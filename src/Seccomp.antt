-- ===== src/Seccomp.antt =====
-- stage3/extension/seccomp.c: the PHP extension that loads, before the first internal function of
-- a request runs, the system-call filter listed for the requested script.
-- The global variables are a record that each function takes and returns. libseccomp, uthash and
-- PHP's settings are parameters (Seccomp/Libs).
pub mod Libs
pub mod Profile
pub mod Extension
...
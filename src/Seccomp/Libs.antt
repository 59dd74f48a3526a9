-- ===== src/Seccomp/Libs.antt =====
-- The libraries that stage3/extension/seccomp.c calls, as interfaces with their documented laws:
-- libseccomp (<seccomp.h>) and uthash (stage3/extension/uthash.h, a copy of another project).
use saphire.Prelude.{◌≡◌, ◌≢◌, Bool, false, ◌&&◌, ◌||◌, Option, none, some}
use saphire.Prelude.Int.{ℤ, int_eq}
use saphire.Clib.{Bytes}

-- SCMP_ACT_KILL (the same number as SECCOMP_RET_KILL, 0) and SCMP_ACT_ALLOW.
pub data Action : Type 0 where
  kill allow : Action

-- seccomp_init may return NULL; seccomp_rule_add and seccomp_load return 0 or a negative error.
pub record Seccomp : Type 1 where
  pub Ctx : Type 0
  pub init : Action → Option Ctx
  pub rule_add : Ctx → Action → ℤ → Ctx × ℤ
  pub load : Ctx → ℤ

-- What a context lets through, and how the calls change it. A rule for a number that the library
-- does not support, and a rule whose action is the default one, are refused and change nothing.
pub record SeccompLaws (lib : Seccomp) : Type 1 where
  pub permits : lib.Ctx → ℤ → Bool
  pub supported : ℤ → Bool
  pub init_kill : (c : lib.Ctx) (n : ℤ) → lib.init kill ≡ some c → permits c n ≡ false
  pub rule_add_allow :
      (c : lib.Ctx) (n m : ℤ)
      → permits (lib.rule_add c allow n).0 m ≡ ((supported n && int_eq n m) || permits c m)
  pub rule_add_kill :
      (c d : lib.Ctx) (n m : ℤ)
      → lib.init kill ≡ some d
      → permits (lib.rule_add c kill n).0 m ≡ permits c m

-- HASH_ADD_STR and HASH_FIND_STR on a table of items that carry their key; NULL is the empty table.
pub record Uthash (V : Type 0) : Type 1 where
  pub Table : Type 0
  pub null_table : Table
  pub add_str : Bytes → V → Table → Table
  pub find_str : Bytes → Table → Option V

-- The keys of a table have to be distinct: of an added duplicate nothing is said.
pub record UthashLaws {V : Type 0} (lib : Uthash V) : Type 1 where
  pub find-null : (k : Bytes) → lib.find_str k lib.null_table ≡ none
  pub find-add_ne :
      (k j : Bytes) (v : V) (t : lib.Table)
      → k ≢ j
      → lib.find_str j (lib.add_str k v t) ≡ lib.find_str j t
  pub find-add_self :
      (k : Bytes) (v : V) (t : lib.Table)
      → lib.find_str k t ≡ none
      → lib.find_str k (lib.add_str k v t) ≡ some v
...
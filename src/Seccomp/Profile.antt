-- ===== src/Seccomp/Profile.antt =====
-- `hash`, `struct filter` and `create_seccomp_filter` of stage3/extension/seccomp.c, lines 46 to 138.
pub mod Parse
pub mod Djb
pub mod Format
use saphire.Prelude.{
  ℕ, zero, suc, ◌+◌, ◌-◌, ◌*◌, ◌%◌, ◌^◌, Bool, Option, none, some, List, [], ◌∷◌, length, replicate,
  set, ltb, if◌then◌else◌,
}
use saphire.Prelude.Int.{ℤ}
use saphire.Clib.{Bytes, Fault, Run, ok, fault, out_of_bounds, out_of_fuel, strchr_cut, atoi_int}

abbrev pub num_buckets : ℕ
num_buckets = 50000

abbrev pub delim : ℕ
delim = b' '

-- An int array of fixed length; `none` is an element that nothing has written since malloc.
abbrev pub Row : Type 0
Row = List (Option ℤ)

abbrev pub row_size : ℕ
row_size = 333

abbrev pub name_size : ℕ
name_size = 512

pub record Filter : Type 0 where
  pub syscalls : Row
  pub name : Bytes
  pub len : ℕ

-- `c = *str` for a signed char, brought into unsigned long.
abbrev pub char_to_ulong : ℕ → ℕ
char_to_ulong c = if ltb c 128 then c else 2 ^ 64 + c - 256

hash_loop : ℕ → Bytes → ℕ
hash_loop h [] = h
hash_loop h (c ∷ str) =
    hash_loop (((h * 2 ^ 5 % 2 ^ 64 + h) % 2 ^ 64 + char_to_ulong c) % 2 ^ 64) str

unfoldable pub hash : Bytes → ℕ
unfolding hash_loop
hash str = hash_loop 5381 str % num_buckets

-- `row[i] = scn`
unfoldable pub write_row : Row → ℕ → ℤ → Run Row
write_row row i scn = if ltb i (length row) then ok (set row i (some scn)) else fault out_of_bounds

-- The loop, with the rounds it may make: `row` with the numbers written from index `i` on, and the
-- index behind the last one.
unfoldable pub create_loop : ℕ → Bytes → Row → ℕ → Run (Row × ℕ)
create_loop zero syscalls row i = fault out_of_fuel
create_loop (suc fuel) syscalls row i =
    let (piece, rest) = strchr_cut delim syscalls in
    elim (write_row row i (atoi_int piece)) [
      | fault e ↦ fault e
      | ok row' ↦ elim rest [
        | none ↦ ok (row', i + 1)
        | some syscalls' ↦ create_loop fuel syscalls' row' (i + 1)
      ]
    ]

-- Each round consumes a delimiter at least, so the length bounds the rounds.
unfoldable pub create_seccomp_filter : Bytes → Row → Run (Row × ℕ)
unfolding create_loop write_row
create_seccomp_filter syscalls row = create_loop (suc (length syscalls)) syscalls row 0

TASK STATEMENT: In the listing above, locate the line with "pub len : ℕ" and the line with "create_seccomp_filter syscalls row", then extract exactly those lines and every line between them, and nothing more.

ANSWER SPACE:
  pub len : ℕ

-- `c = *str` for a signed char, brought into unsigned long.
abbrev pub char_to_ulong : ℕ → ℕ
char_to_ulong c = if ltb c 128 then c else 2 ^ 64 + c - 256

hash_loop : ℕ → Bytes → ℕ
hash_loop h [] = h
hash_loop h (c ∷ str) =
    hash_loop (((h * 2 ^ 5 % 2 ^ 64 + h) % 2 ^ 64 + char_to_ulong c) % 2 ^ 64) str

unfoldable pub hash : Bytes → ℕ
unfolding hash_loop
hash str = hash_loop 5381 str % num_buckets

-- `row[i] = scn`
unfoldable pub write_row : Row → ℕ → ℤ → Run Row
write_row row i scn = if ltb i (length row) then ok (set row i (some scn)) else fault out_of_bounds

-- The loop, with the rounds it may make: `row` with the numbers written from index `i` on, and the
-- index behind the last one.
unfoldable pub create_loop : ℕ → Bytes → Row → ℕ → Run (Row × ℕ)
create_loop zero syscalls row i = fault out_of_fuel
create_loop (suc fuel) syscalls row i =
    let (piece, rest) = strchr_cut delim syscalls in
    elim (write_row row i (atoi_int piece)) [
      | fault e ↦ fault e
      | ok row' ↦ elim rest [
        | none ↦ ok (row', i + 1)
        | some syscalls' ↦ create_loop fuel syscalls' row' (i + 1)
      ]
    ]

-- Each round consumes a delimiter at least, so the length bounds the rounds.
unfoldable pub create_seccomp_filter : Bytes → Row → Run (Row × ℕ)
unfolding create_loop write_row
create_seccomp_filter syscalls row = create_loop (suc (length syscalls)) syscalls row 0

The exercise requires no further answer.